• WHAT YOU HAVE TO DO: Locate every line below that contains the word "returns" and copy it.

[DATA FOR THIS EXERCISE — start]

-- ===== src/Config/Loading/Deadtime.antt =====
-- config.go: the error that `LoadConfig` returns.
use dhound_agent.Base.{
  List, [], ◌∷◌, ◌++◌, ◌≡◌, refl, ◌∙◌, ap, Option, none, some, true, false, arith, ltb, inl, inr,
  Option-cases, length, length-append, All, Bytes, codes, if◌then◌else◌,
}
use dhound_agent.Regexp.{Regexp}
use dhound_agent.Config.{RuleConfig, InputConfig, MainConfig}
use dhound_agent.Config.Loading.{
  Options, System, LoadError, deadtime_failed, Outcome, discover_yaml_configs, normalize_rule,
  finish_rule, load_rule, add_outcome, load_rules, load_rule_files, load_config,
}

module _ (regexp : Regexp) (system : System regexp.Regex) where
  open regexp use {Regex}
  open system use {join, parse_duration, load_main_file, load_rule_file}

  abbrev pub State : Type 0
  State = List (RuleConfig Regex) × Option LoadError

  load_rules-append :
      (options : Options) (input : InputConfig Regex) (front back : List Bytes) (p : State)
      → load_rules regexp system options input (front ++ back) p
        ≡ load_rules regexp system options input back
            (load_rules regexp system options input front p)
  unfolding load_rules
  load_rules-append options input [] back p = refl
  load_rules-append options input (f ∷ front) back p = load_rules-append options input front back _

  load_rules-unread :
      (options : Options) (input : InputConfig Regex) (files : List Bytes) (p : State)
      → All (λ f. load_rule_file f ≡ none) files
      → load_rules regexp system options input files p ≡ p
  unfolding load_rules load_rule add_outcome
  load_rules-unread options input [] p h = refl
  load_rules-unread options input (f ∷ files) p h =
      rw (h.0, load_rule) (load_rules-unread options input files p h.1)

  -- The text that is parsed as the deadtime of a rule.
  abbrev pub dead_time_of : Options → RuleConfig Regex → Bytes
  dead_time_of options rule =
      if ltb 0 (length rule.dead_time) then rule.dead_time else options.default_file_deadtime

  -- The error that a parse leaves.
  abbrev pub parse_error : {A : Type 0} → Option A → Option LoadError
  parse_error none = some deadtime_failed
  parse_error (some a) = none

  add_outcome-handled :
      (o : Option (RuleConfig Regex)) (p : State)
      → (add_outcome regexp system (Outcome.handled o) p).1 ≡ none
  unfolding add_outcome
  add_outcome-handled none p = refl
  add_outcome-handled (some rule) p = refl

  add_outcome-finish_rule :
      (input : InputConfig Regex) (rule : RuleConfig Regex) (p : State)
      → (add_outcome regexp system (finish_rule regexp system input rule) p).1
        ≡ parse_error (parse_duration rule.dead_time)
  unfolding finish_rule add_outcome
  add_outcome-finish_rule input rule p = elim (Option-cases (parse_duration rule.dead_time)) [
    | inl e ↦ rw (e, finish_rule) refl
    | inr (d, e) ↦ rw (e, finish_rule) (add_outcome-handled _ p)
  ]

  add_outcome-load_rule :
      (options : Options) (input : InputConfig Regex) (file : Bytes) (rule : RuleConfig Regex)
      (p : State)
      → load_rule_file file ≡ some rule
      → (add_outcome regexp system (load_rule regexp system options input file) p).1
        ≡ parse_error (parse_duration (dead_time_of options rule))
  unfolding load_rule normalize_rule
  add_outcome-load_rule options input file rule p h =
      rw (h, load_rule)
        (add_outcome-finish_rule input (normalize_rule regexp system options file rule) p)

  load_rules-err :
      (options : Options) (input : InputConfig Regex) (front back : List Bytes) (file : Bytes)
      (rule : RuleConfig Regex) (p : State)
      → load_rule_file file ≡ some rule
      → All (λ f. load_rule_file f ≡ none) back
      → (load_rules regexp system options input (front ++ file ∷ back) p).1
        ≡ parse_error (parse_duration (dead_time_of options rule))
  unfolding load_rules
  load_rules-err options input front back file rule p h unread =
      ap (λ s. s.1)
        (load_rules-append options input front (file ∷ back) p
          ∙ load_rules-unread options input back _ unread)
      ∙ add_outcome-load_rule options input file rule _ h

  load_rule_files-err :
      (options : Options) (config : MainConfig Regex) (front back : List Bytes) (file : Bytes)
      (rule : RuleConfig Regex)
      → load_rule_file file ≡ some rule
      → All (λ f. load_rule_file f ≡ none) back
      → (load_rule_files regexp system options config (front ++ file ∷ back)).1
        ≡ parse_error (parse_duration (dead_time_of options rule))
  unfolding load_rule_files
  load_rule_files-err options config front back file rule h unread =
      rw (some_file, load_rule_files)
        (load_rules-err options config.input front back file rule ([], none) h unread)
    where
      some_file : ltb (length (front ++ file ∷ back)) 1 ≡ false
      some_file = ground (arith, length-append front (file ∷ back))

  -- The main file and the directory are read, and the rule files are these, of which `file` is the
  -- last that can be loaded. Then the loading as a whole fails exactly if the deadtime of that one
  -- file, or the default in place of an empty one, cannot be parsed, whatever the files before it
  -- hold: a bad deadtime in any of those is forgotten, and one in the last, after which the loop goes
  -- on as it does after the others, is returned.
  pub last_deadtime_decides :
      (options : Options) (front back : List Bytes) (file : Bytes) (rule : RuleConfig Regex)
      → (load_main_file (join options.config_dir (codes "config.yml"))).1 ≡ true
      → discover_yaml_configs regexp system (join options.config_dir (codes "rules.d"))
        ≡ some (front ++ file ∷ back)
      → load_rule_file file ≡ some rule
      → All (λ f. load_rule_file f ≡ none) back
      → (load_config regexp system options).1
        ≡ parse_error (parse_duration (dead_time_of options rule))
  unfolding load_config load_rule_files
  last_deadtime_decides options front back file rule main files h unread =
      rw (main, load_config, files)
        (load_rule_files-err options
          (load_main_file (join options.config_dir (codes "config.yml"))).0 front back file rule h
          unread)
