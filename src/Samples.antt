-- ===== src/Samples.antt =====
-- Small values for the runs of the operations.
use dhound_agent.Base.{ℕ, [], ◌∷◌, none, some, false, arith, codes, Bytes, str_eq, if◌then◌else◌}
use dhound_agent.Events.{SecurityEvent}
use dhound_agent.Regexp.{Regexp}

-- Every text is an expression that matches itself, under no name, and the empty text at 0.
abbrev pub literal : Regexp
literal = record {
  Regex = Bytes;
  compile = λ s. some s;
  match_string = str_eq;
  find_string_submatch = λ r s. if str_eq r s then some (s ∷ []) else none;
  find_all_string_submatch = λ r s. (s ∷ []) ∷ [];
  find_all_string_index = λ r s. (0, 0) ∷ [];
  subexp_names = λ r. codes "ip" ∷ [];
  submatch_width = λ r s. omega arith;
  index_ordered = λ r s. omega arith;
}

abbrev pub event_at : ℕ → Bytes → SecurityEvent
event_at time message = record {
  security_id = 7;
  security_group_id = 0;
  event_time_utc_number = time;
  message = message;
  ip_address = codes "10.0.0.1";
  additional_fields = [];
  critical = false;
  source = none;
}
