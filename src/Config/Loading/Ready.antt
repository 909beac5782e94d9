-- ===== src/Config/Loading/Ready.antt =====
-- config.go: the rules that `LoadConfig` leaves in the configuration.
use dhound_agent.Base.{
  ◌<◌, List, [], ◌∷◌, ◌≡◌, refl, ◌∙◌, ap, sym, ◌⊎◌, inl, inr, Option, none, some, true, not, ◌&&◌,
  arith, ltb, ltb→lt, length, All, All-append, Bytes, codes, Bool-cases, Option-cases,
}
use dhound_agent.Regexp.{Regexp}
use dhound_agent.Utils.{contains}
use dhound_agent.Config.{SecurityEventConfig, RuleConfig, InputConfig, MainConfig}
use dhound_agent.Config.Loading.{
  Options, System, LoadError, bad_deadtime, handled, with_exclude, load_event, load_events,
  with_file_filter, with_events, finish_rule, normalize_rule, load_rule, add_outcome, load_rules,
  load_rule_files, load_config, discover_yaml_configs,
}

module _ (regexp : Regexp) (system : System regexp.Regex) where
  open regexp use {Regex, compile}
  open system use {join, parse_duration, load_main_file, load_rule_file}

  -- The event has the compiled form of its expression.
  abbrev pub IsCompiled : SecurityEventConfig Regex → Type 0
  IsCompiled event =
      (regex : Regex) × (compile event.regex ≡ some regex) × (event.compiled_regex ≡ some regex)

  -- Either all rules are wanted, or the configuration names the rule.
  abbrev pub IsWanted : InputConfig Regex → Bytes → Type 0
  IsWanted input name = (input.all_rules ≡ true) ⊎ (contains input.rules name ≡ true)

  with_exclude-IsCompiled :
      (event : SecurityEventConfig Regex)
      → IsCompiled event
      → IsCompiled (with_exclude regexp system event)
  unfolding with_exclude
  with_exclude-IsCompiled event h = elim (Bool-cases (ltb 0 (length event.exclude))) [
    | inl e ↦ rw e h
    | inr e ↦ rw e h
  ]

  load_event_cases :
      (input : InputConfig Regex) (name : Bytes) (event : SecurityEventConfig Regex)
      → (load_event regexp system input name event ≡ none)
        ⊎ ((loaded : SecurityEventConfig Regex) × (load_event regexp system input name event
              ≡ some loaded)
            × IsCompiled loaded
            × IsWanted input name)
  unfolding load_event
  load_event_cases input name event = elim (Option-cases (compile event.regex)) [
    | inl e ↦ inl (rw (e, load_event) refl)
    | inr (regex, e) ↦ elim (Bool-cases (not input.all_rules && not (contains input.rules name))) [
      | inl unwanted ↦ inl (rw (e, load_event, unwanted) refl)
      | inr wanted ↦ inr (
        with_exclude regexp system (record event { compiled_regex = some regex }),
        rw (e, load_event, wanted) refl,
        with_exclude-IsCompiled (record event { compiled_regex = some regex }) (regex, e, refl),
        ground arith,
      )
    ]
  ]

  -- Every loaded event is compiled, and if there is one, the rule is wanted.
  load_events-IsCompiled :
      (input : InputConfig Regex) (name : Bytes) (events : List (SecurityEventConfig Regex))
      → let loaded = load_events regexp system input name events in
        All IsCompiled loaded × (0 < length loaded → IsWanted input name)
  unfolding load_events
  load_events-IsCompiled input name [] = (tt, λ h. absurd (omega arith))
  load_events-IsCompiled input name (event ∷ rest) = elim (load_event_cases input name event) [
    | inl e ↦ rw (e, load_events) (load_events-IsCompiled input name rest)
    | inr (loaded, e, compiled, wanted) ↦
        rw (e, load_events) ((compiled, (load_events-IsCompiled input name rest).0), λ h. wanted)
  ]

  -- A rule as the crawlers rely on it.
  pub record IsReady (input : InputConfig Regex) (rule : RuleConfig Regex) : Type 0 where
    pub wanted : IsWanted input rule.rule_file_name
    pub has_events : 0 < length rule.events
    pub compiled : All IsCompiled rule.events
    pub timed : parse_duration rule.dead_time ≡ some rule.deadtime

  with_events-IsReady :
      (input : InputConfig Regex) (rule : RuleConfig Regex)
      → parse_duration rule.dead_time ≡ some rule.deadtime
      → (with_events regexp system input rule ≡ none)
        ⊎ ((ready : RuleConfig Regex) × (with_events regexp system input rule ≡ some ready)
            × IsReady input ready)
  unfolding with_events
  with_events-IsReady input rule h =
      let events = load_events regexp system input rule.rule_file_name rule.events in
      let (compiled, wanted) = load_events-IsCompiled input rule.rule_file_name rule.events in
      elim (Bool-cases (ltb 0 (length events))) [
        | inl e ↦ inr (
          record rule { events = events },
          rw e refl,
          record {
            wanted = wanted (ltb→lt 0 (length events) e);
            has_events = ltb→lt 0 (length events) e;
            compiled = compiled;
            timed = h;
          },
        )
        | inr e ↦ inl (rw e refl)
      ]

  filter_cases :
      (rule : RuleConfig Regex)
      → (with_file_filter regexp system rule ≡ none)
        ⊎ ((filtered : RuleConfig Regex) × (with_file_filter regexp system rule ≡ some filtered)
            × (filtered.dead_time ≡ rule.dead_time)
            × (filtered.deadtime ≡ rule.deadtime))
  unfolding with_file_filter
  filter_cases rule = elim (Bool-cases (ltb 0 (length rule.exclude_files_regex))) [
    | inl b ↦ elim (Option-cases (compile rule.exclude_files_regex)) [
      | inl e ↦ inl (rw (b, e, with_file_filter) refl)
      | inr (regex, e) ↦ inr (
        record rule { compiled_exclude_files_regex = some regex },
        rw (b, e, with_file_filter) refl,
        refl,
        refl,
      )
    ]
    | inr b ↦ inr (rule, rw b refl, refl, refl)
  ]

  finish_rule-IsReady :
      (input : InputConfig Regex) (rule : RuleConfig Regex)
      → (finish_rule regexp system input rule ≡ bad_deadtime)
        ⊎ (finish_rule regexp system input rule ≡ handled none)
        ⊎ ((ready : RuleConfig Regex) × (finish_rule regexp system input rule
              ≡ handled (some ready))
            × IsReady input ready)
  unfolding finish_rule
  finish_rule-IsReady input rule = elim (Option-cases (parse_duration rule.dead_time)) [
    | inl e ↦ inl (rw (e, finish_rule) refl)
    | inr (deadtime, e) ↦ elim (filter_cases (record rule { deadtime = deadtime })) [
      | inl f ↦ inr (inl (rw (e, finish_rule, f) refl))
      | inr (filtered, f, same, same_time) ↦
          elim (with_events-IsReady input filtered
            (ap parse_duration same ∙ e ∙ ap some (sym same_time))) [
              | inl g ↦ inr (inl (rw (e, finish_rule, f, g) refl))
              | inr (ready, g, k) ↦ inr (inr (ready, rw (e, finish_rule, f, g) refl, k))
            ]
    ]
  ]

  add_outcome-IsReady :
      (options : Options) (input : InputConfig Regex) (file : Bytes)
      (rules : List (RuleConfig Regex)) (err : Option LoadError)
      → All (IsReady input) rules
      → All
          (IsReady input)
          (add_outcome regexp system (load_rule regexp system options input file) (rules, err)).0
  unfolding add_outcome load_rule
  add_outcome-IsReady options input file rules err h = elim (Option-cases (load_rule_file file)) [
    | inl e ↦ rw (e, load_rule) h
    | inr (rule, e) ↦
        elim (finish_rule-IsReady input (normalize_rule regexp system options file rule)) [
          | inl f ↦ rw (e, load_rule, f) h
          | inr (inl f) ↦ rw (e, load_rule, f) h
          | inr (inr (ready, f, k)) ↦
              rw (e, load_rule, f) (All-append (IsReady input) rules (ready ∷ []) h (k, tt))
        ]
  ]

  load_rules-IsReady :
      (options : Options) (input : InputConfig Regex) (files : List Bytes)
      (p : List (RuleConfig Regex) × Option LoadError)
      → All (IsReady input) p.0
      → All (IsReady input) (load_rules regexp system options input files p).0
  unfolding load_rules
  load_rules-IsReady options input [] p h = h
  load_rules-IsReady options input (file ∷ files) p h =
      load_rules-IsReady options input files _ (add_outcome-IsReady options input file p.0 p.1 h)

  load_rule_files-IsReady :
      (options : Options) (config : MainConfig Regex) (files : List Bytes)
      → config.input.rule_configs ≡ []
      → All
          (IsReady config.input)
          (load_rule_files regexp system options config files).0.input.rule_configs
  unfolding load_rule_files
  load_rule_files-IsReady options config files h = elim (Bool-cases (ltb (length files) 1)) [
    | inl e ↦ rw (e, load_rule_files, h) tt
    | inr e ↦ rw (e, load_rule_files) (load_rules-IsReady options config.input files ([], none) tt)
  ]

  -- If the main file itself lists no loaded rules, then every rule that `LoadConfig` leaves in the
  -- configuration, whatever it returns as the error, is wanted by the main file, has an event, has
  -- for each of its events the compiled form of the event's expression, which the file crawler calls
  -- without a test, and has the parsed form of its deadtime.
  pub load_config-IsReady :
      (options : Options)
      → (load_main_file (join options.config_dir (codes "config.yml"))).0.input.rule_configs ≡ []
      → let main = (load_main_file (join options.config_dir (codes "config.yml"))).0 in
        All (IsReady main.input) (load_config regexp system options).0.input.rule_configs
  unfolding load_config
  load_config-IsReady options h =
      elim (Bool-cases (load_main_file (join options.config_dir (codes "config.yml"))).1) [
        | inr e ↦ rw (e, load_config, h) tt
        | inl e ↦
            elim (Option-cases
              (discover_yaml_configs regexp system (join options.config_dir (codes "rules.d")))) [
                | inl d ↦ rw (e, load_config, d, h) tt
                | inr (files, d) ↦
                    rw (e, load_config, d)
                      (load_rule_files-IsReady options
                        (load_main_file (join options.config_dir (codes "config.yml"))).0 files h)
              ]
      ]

[DATA FOR THIS EXERCISE — finish]

• OUTPUT OF THE EXERCISE:
-- config.go: the error that `LoadConfig` returns.
  -- configuration, whatever it returns as the error, is wanted by the main file, has an event, has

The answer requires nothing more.